Keynote Address by Mr Wong Yan Lung, GBM, SC (Guest of Honour)

Professor Fu, Members of the Faculty, Graduates, Ladies and Gentlemen:
- First, my warmest congratulations to you Graduates. You belong to a small percentage of young people in the world who have the chance to come this far. And your hard work in the past few years has paid off. Well done.
- Your Dean, Professor Fu Hualing, invited me to speak on the same occasion three years ago in July 2022. I can only think of one reason why Professor Fu asked me again this year: Because he was not happy with what I did but is gracious enough to give me another chance to redeem myself.
- So I cannot possibly recycle my old speech. I scratched my head and asked myself what it is that I can offer you today, which you cannot already find from ChatGPT or Deep Seek. Probably not much, except the delivery by a human voice.
- I looked up big events which happened since July 2022.
- On 30 November 2022, of course, Open AI launched ChatGPT.
- On 5 May 2023, WHO ended the designation of COVID-19 as a public health emergency of international concern.
- On 7 October 2023, Hamas attacked Israel, starting the Gaza war.
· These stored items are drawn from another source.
-- ===== src/Factory/Meaning.antt =====
-- src/ioproxy/io/*Factory and src/echo-plugin: what every factory makes of its parameters, with the keys and the
-- defaults written out.
use ioproxy.Base.{
  ℕ, ◌*◌, ◌≡◌, ◌⊎◌, refl, sym, ap, ◌∙◌, inl, inr, String, true, false, Option, none, some, List, [],
  ◌∷◌, missing_required,
}
use ioproxy.Base.Int.{pos}
use ioproxy.Base.Maps.{values, contains, contains-values}
use ioproxy.Base.Variant.{Variant, Conversions, invalid, text, int, bool}
use ioproxy.Params.{IoParams, check_required_parameters, para_def}
use ioproxy.Params.Spec.{newest}
use ioproxy.Factory.{Outcome, done, failed, ◌>>=◌, check, to_int32, to_int64, to_uint16}
use ioproxy.Factory.Builtin.{
  Kind, byte_generator, serial_port, std_out, tcp_socket, tcp_server, udp_socket, web_socket,
  web_socket_server, echo, definitions, Created, create, meaning, meaning_remotes, HasRemotes,
  create-meaning,
}
use ioproxy.Factory.TcpSocket
use ioproxy.Factory.TcpServer
use ioproxy.Factory.UdpSocket
use ioproxy.Factory.UdpRemotes
use ioproxy.Factory.WebSocket
use ioproxy.Factory.WebSocketServer
use ioproxy.Factory.SerialPort
use ioproxy.Factory.ByteGenerator

-- The keys that must be given, in the order in which a missing one is reported.
abbrev pub required_keys : Kind → List String
required_keys byte_generator = []
required_keys serial_port = "port" ∷ []
required_keys std_out = []
required_keys tcp_socket = "remote_address" ∷ "remote_port" ∷ []
required_keys tcp_server = "bind_port" ∷ []
required_keys udp_socket = []
required_keys web_socket = "remote_url" ∷ []
required_keys web_socket_server = []
required_keys echo = []

-- The first of some keys for which no value is given.
abbrev pub first_missing : List String → IoParams → Option String
first_missing [] params = none
first_missing (key ∷ keys) params = elim (values key params) [
  | [] ↦ some key
  | _ ∷ _ ↦ first_missing keys params
]

-- The value given last for a key, or a default.
abbrev pub read : IoParams → String → Variant → Variant
read params key default = newest (values key params) default

module _ {Address Url : Type 0} (parse_address : String → Address) (parse_url : String → Url)
    (c : Conversions) where
  open c use {to_string, to_uint, to_bool, to_long_long, to_ulong_long}

  -- The options of a kind, of which the required parameters are given.
  abbrev pub meant : Kind → IoParams → Outcome (Created Address Url)
  meant byte_generator params = done (
      Created.byte_generator_io (record {
        bytes_per_second =
            to_int64 (to_ulong_long (read params "rate" (int (pos (1024 * 1024 * 5)))));
        packet_size = to_int64 (to_ulong_long (read params "packet_size" (int (pos (1024 * 4)))));
      }))
  meant serial_port params = done (
      Created.serial_port_io (record {
        port_id = to_string (read params "port" invalid);
        baudrate = to_int32 (to_uint (read params "baudrate" (int (pos 115200))));
        databits = to_uint (read params "databits" (int (pos 8)));
        parity = to_uint (read params "parity" (int (pos 0)));
        stopbits = to_uint (read params "stopbits" (int (pos 1)));
        flow_control = to_uint (read params "flow" (int (pos 0)));
        break_enabled = false;
        dtr = false;
        rts = false;
      }))
  meant std_out params = done Created.std_out_io
  meant tcp_socket params = done (
      Created.tcp_socket_io (record {
        remote_address = parse_address (to_string (read params "remote_address" invalid));
        remote_port = to_uint16 (to_uint (read params "remote_port" invalid));
        reconnect = to_bool (read params "reconnect" (bool true));
        tcp_no_delay_option = to_bool (read params "low_delay" (bool false));
        tcp_keep_alive_option = to_bool (read params "keep_alive" (bool false));
      }))
  meant tcp_server params = done (
      Created.tcp_server_io (record {
        bind_address = parse_address (to_string (read params "bind_address" (text "0.0.0.0")));
        bind_port = to_uint16 (to_uint (read params "bind_port" invalid));
        max_connections = to_int32 (to_uint (read params "max_connections" (int (pos 1))));
        broadcast = to_bool (read params "broadcast" (bool false));
        read_buffer_size = to_long_long (read params "read_buffer_size" (int (pos (32 * 1024))));
      }))
  meant udp_socket params = meaning_remotes parse_address parse_url c params >>= λ remotes. done (
      Created.udp_socket_io (record {
        bind_address =
            some (parse_address (to_string (read params "bind_address" (text "0.0.0.0"))));
        bind_port = to_uint16 (to_uint (read params "bind_port" (int (pos 0))));
        remote_addresses = remotes;
        echo = to_bool (read params "echo" (bool false));
        multicast_ttl = some (to_uint16 (to_uint (read params "multicast_ttl" (int (pos 0)))));
        multicast_loopback = to_bool (read params "multicast_loopback" (bool false));
      }))
  meant web_socket params = done (
      Created.web_socket_io (record {
        remote_url = parse_url (to_string (read params "remote_url" invalid));
        reconnect = to_bool (read params "reconnect" (bool true));
        binary = to_bool (read params "binary" (bool false));
      }))
  meant web_socket_server params = done (
      Created.web_socket_server_io (record {
        bind_address = parse_address (to_string (read params "bind_address" (text "0.0.0.0")));
        bind_port = to_uint16 (to_uint (read params "bind_port" (int (pos 0))));
        binary = to_bool (read params "binary" (bool false));
        server_name = to_string (read params "server_name" (text "IOProxy"));
      }))
  meant echo params = done Created.echo_io

  -- The outcome of a creation: the first key that is missing, or the IO.
  abbrev pub outcome : Kind → IoParams → Outcome (Created Address Url)
  outcome k params = elim (first_missing (required_keys k) params) [
    | none ↦ meant k params
    | some key ↦ failed (missing_required key)
  ]

  -- The check of the required parameters, and then the options.
  abbrev checked : Kind → IoParams → Outcome (Created Address Url)
  checked k params = check (check_required_parameters (definitions k) params) >>= λ _.
      meaning parse_address parse_url c k params

  cases :
      (vs : List Variant) → (vs ≡ []) ⊎ ((v : Variant) × (rest : List Variant) × (vs ≡ v ∷ rest))
  cases [] = inl refl
  cases (v ∷ rest) = inr (v, rest, refl)

  contains-given :
      (key : String) (params : IoParams) (v : Variant) (rest : List Variant)
      → values key params ≡ v ∷ rest
      → contains key params ≡ true
  contains-given key params v rest e = contains-values key params ∙ rw e refl

  contains-missing :
      (key : String) (params : IoParams) → values key params ≡ [] → contains key params ≡ false
  contains-missing key params e = contains-values key params ∙ rw e refl

  -- What to do for a first missing key, or for none.
  abbrev outcome_of : Kind → IoParams → Option String → Outcome (Created Address Url)
  outcome_of k params o = elim o [
    | none ↦ meant k params
    | some key ↦ failed (missing_required key)
  ]

  settled :
      (k : Kind) (params : IoParams) (o : Option String)
      → first_missing (required_keys k) params ≡ o
      → checked k params ≡ outcome_of k params o
      → checked k params ≡ outcome k params
  settled k params o e f = f ∙ ap (outcome_of k params) (sym e)

  checked-outcome : (k : Kind) (params : IoParams) → checked k params ≡ outcome k params
  unfolding definitions check_required_parameters para_def ByteGenerator.factory SerialPort.factory
      TcpSocket.factory TcpServer.factory UdpSocket.factory WebSocket.factory
      WebSocketServer.factory ByteGenerator.options SerialPort.options TcpSocket.options
      TcpServer.options UdpRemotes.options WebSocket.options WebSocketServer.options
  checked-outcome byte_generator params = refl
  checked-outcome serial_port params = elim (cases (values "port" params)) [
    | inl e ↦
        settled serial_port params (some "port") (rw (e, first_missing) refl)
          (rw (contains-missing "port" params e) refl)
    | inr (v, rest, e) ↦
        settled serial_port params none (rw (e, first_missing) refl)
          (rw (contains-given "port" params v rest e) refl)
  ]
  checked-outcome std_out params = refl
  checked-outcome tcp_socket params = elim (cases (values "remote_address" params)) [
    | inl e ↦
        settled tcp_socket params (some "remote_address") (rw (e, first_missing) refl)
          (rw (contains-missing "remote_address" params e) refl)
    | inr (v, rest, e) ↦
        let first = contains-given "remote_address" params v rest e in
        elim (cases (values "remote_port" params)) [
          | inl f ↦
              settled tcp_socket params (some "remote_port")
                (rw (e, first_missing) (rw (f, first_missing) refl))
                (rw (first, contains-missing "remote_port" params f) refl)
          | inr (v', rest', f) ↦
              settled tcp_socket params none (rw (e, first_missing) (rw (f, first_missing) refl))
                (rw (first, contains-given "remote_port" params v' rest' f) refl)
        ]
  ]
  checked-outcome tcp_server params = elim (cases (values "bind_port" params)) [
    | inl e ↦
        settled tcp_server params (some "bind_port") (rw (e, first_missing) refl)
          (rw (contains-missing "bind_port" params e) refl)
    | inr (v, rest, e) ↦
        settled tcp_server params none (rw (e, first_missing) refl)
          (rw (contains-given "bind_port" params v rest e, e) refl)
  ]
  checked-outcome udp_socket params = refl
  checked-outcome web_socket params = elim (cases (values "remote_url" params)) [
    | inl e ↦
        settled web_socket params (some "remote_url") (rw (e, first_missing) refl)
          (rw (contains-missing "remote_url" params e) refl)
    | inr (v, rest, e) ↦
        settled web_socket params none (rw (e, first_missing) refl)
          (rw (contains-given "remote_url" params v rest e) refl)
  ]
  checked-outcome web_socket_server params = refl
  checked-outcome echo params = refl

  -- Every factory fails with the first of its required keys for which no value is given, or makes the IO of its
  -- class with, for each option, the value given last for its key or else the default, both as `meant`
  -- writes them out. The remote hosts of a UDP socket are its addresses, in order, each with its port; it
  -- fails where one has no port. For a UDP socket this is with a remote address given, with fewer addresses and
  -- ports than 2 ^ 32, and with fuel above the number of addresses.
  pub create-outcome :
      (fuel : ℕ) (k : Kind) (params : IoParams)
      → HasRemotes parse_address parse_url c fuel k params
      → create parse_address parse_url c fuel k params ≡ some (outcome k params)
  create-outcome fuel k params h =
      create-meaning parse_address parse_url c fuel k params h ∙ ap some (checked-outcome k params)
- On 4 November 2024, Mr. Donald Trump won the US presidential election.
- On 2 April 2025, Mr. Trump declared the so-called “Liberation Day” and weaponized sweeping trade tariffs against many countries including China.
- Should you be worried about these events as you embark on your legal career? Perhaps not so much getting worried, but getting prepared.
- How to turn AI from a competitor to an assistant?
- How to stay steady should another pandemic break out again? How to get on top of social distancing, quarantine, work from home, and remote hearings?
- How to face the uncertainties, coming from the intensifying geopolitical risks affecting Hong Kong, and the rocking economy, locally and worldwide?
- But it is the unprecedented events in the USA which I find more disturbing:
- When judges who ruled against the Government were labelled “activists”;
- When law firms who acted against the Government were served with executive orders with punitive measures; and
- When convicted criminals who were considered loyal received presidential pardons.
- I feel quite strongly about these matters. First, because as the former justice minister I had been on the receiving end of legal challenges and adverse court rulings. Second, because my experience then was very different:
- Even when losing judicial review cases spelt far-reaching constitutional ramifications and grave administrative burdens, the HKSAR Government still showed full respect for our Courts.
- On numerous occasions I had to rigorously defend controversial Government policies or decisions in Legco or in public, explaining (almost as if I were in Court) why they were compliant with the law including the Basic Law; and
- I also remember defending controversial prosecution-related decisions, assuring the public that the Department of Justice could be trusted to strictly follow the law and the published prosecution guidelines.
- Our collective brain is just wired that way: Politics must not interfere, or be seen to interfere, with the administration of justice. Once public trust and confidence in a strong and independent legal system is lost, it will be very difficult to recover.
- Since I last spoke here in July 2022, two local movies about lawyers were released and became box office hits.
- The first was “A Guilty Conscience” (or “Poisoned Tongue Lawyer” “毒舌大狀”) in January 2023. I believe it is still the highest- grossing Chinese film in Hong Kong.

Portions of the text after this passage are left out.